What did Kostomarov hope for? He was in fact asking Valuyev to repudiate his own circular. The professor was running the risk of being reminded about his Cyril Methodius past and the Saratov exile.

And reminded he was. Valuyev invited Kostomarov to his country retreat for a conversation. Everything looked quite diplomatic. “To His High Honor N. I. Kostomarov... The Minister of Internal Affairs has the honor to most humbly request the pleasure of the company of Nikolai Ivanovich Kostomarov at his country retreat on Sunday, this 28th of July, at one o’clock p.m. ...”

The results of this conversation are summed up in the record, “The Honorable Minister has personally told Mr. Kostomarov what to do under such circumstances.”

It should be said, much to Kostomarov’s honor, that he never recanted; he only remained silent for some time. In any case, later in the 1870s he came out again in defense of the Ukrainian language.

In any case, in 1863 his voice sounded like a cry from the heart of a scholar and intellectual who had done so much to prevent Ukrainian culture and history from vanishing like Atlantis. In writing his letter to Valuyev, Kostomarov felt and saw that the brief thaw the Ukrainians had experienced after the death of Nicholas II had already come to an end. The journal Osnovy (Foundations) had ceased publication, the idea of organizing Ukrainian Sunday schools was suppressed, there was a mood of disappointment among the previously optimistic public, and on top of everything Panteleimon Kulish set off to Warsaw to serve in the tsarist administration.

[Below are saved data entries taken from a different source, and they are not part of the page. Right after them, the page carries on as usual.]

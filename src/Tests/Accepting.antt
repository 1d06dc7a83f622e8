-- ===== src/Tests/Accepting.antt =====
-- A connection that is passed on by a datagram; signals between connections; a key file.
use sni_router.Prelude.{
  ℕ, ◌+◌, ◌≡◌, refl, true, false, List, [], ◌∷◌, ◌++◌, some, ltb, length, take, get_elem?, arith,
}
use sni_router.Prelude.Outcomes.{Bytes, ok, err, run_steps}
use sni_router.Records.{Connection, clienthello, ensure_bytes_available, read_tls_clienthello}
use sni_router.Records.Replay.{all_bytes}
use sni_router.Records.Alike.{Alike}
use sni_router.Records.Split.{SameHello, read_tls_clienthello-split}
use sni_router.Accepting.{Message, message, control_truncated, recv_fd_over_uds_now, accept}
use sni_router.Accepting.HandOver.{IsRecvmsg, datagram, accept-read_tls_clienthello}
use sni_router.Loading.{no_default}
use sni_router.Serving.{Wake, accepted, hup, mainloop}
use sni_router.Serving.Latest.{count, latest, mainloop-latest}
use sni_router.QuicLb.{new, from_key_file}
use sni_router.QuicLb.KeyFile.{AllBytes, show_hex, from_key_file-show_hex}

abbrev receive : ℕ → Bytes → ℕ → Message ℕ
receive capacity bytes fd = record {
  buf = bytes ++ 0 ∷ [];
  bytes = length bytes;
  is_truncated = ltb capacity (length bytes);
  is_control_truncated = false;
  fds = fd ∷ [];
}

receive-IsRecvmsg : IsRecvmsg receive
receive-IsRecvmsg = record {
  fits = λ capacity bytes fd h.
      let e : ltb capacity (length bytes) ≡ false = ground (arith, h) in (0 ∷ [], rw e refl);
  truncates = λ capacity bytes fd h. ground (arith, h);
}

-- What is left of a connection of which two records were read.
abbrev router : Connection
router = record {
  bytes = 22 ∷ 3 ∷ 1 ∷ 0 ∷ 1 ∷ 1 ∷ 22 ∷ 3 ∷ 1 ∷ 0 ∷ 3 ∷ 0 ∷ 0 ∷ 0 ∷ [];
  stream = 99 ∷ [];
}

abbrev arriving : Bytes
arriving = 22 ∷ 3 ∷ 1 ∷ 0 ∷ 1 ∷ 1 ∷ 22 ∷ 3 ∷ 1 ∷ 0 ∷ 3 ∷ 0 ∷ 0 ∷ 0 ∷ 99 ∷ []

read_router : read_tls_clienthello [] arriving ≡ ok (router, clienthello (1 ∷ 0 ∷ 0 ∷ 0 ∷ []))
unfolding run_steps read_tls_clienthello ensure_bytes_available
read_router = refl

accept-read_tls_clienthello_example :
    (accept {Fd = ℕ} {Stream = ℕ}
        (λ fd. some fd)
        (datagram (λ fd. some fd) receive receive-IsRecvmsg (router.bytes) 7)
      ≡ ok (record { stream = 7; initial_bytes = router.bytes }))
    × ((c2 : Connection) × (read_tls_clienthello (router.bytes) (router.stream)
          ≡ ok (c2, clienthello (1 ∷ 0 ∷ 0 ∷ 0 ∷ [])))
        × (all_bytes c2 ≡ [] ++ arriving))
accept-read_tls_clienthello_example =
    accept-read_tls_clienthello (λ fd. some fd) receive receive-IsRecvmsg [] arriving router
      (clienthello (1 ∷ 0 ∷ 0 ∷ 0 ∷ [])) 7 7 read_router refl (omega arith)

-- A message whose control data was cut is refused, though it has a descriptor.
recv_fd_over_uds_now-control :
    recv_fd_over_uds_now {Fd = ℕ} {Stream = ℕ}
      (λ fd. some fd)
      (message (record {
        buf = [];
        bytes = 0;
        is_truncated = false;
        is_control_truncated = true;
        fds = 7 ∷ [];
      }))
    ≡ err control_truncated
unfolding run_steps recv_fd_over_uds_now
recv_fd_over_uds_now-control = refl

read_tls_clienthello-split_example :
    Alike SameHello (read_tls_clienthello [] arriving) (
      read_tls_clienthello (22 ∷ 3 ∷ []) (1 ∷ 0 ∷ 1 ∷ 1 ∷ 22 ∷ 3 ∷ 1 ∷ 0 ∷ 3 ∷ 0 ∷ 0 ∷ 0 ∷ 99 ∷ []))
read_tls_clienthello-split_example =
    read_tls_clienthello-split [] arriving (22 ∷ 3 ∷ [])
      (1 ∷ 0 ∷ 1 ∷ 1 ∷ 22 ∷ 3 ∷ 1 ∷ 0 ∷ 3 ∷ 0 ∷ 0 ∷ 0 ∷ 99 ∷ []) refl

-- A connection, a configuration that loads, and one that does not.
abbrev wakes : List (Wake ℕ ℕ)
wakes = accepted 50 ∷ hup (ok 2) ∷ hup (err no_default) ∷ []

mainloop-latest_example :
    get_elem? (mainloop 1 0 (wakes ++ accepted 51 ∷ [])) (count wakes)
    ≡ some (record { id = 0 + count wakes; config = latest 1 wakes; conn = 51 })
mainloop-latest_example = mainloop-latest 1 0 wakes [] 51

abbrev key : Bytes
key =
    0x8f ∷ 0x95 ∷ 0xf0 ∷ 0x92 ∷ 0x45 ∷ 0x76 ∷ 0x5f ∷ 0x80 ∷ 0x25 ∷ 0x69 ∷ 0x34 ∷ 0xe5 ∷ 0x0c ∷ 0x66
    ∷ 0x20 ∷ 0x7f ∷ []

key-AllBytes : AllBytes key
key-AllBytes = ground arith

-- The text ends with a line feed.
from_key_file-show_hex_example :
    from_key_file (take 32) (λ bytes. bytes) 2 (some (show_hex key ++ 10 ∷ [])) ≡ new 2 key
from_key_file-show_hex_example =
    from_key_file-show_hex (take 32) (λ bytes. bytes) 2 (show_hex key ++ 10 ∷ []) key refl refl
      key-AllBytes
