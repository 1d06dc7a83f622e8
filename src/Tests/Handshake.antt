-- ===== src/Tests/Handshake.antt =====
-- A handshake of two records, over a library that answers the first one with a byte and is done with the second one.
use sni_router.Prelude.{
  ℕ, suc, ◌≡◌, refl, ap, sym, arith, Bool, true, false, [], ◌∷◌, Option, none, some, length,
}
use sni_router.Prelude.Outcomes.{Bytes, ok, Post, run_steps}
use sni_router.Records.{Connection, ensure_bytes_available}
use sni_router.Handshake.{
  Rustls, tls_record_len, process_tls_record, process_buffered_tls_records, tls_handshake,
}
use sni_router.Handshake.Feeding.{IsRustls}
use sni_router.Handshake.Boundary.{Taken, tls_handshake-Post}

pub data Stage : Type 0 where
  waiting greeting replying done : Stage

abbrev read : Stage → Stage
read waiting = greeting
read greeting = greeting
read replying = done
read done = done

abbrev written : Stage → Stage
written waiting = waiting
written greeting = replying
written replying = replying
written done = done

abbrev is_on : Stage → Bool
is_on waiting = true
is_on greeting = true
is_on replying = true
is_on done = false

abbrev has_output : Stage → Bool
has_output waiting = false
has_output greeting = true
has_output replying = false
has_output done = false

abbrev outputs : Stage → ℕ
outputs waiting = 0
outputs greeting = 1
outputs replying = 0
outputs done = 0

abbrev pub toy : Rustls
toy = record {
  Config = Unit {0};
  Tls = Stage;
  new = λ cfg. some waiting;
  read_tls = λ t bytes. some (length bytes, read t);
  process_new_packets = λ t. some (0, t);
  read_plaintext = λ t count. none;
  is_handshaking = is_on;
  wants_write = has_output;
  write_tls = λ t. some (2 ∷ [], written t);
  pending = outputs;
  takes = λ sent more. true;
  enable_ktls = λ t. some (λ bytes. bytes);
}

is_on-read : (t : Stage) → is_on t ≡ false → is_on (read t) ≡ false
is_on-read waiting h = absurd (cc)
is_on-read greeting h = absurd (cc)
is_on-read replying h = refl
is_on-read done h = refl

is_on-written : (t : Stage) → is_on (written t) ≡ is_on t
is_on-written waiting = refl
is_on-written greeting = refl
is_on-written replying = refl
is_on-written done = refl

outputs-written : (t : Stage) → has_output t ≡ true → suc (outputs (written t)) ≡ outputs t
outputs-written waiting h = absurd (cc)
outputs-written greeting h = refl
outputs-written replying h = absurd (cc)
outputs-written done h = absurd (cc)

abbrev second : Option (ℕ × Stage) → Stage
second none = done
second (some (n, t)) = t

abbrev second_output : Option (Bytes × Stage) → Stage
second_output none = done
second_output (some (output, t)) = t

pub toy-IsRustls : IsRustls toy
toy-IsRustls = record {
  new_handshakes =
      λ cfg t e. ap is_on (sym (ap (λ (o : Option Stage). elim o [ none ↦ t | some s ↦ s ]) e));
  read_keeps = λ t t' bytes n e h. rw (← ap second e) (is_on-read t h);
  process_keeps = λ t t' count e h. rw (← ap second e) h;
  drain_keeps = λ t t' count plaintext e h. absurd (cc);
  write_keeps = λ t t' output e. rw (← ap second_output e) (is_on-written t);
  write_ends = λ t t' output w e. rw (← ap second_output e) (omega (arith, outputs-written t w));
}

-- Two records, of which the second one is still to arrive, and a byte behind them.
abbrev pub two_records : Connection
two_records = record { bytes = 22 ∷ 3 ∷ 3 ∷ 0 ∷ 1 ∷ 7 ∷ []; stream = 22 ∷ 3 ∷ 3 ∷ 0 ∷ 0 ∷ 23 ∷ [] }

tls_handshake-runs :
    tls_handshake toy two_records tt ≡ ok (record { bytes = []; stream = 23 ∷ [] }, 2 ∷ [])
unfolding run_steps tls_handshake ensure_bytes_available tls_record_len process_tls_record
    process_buffered_tls_records
tls_handshake-runs = refl

tls_handshake-Post_example :
    Post (λ (c', sent). Taken toy two_records tt c' sent) (tls_handshake toy two_records tt)
tls_handshake-Post_example = tls_handshake-Post toy toy-IsRustls two_records tt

This made still more valuable the lonely voice of an individual who tried to promote justice and truth...

“JOINT DISCUSSION”

Valuyev’s intention to find a common solution as to whether or not it was advisable to publish Ukrainian-language books for the ordinary people eventually reached an impasse. The Russian bureaucratic tradition was to put the “joint discussion” into cold storage. The Holy Synod over-procurator reflected for as long as eighteen months, perhaps because he viewed this as nothing but a “quaint literary trick,” yet with a dangerous political implication.

However, what finally brought the secret of the Valuyev circular to this and not any other result was a special opinion of Minister for Public Education A. Golovnin. A publication can be banned “for the inherent ideas, not for the language it is written in,” Golovnin believed. Moreover, bans always provoke the wrath and indignation of those whose ethnic feelings are touched upon: so will it be wise for the government to throw this boomerang?

Facing different opinions, Valuyev reported to his immediate superiors that “the aforesaid question is subject to further discussion in legislative terms.” The matter was tabled indefinitely.

Still, the secret circular did accomplish its evil mission: not a single Ukrainian-language book was published in 1866.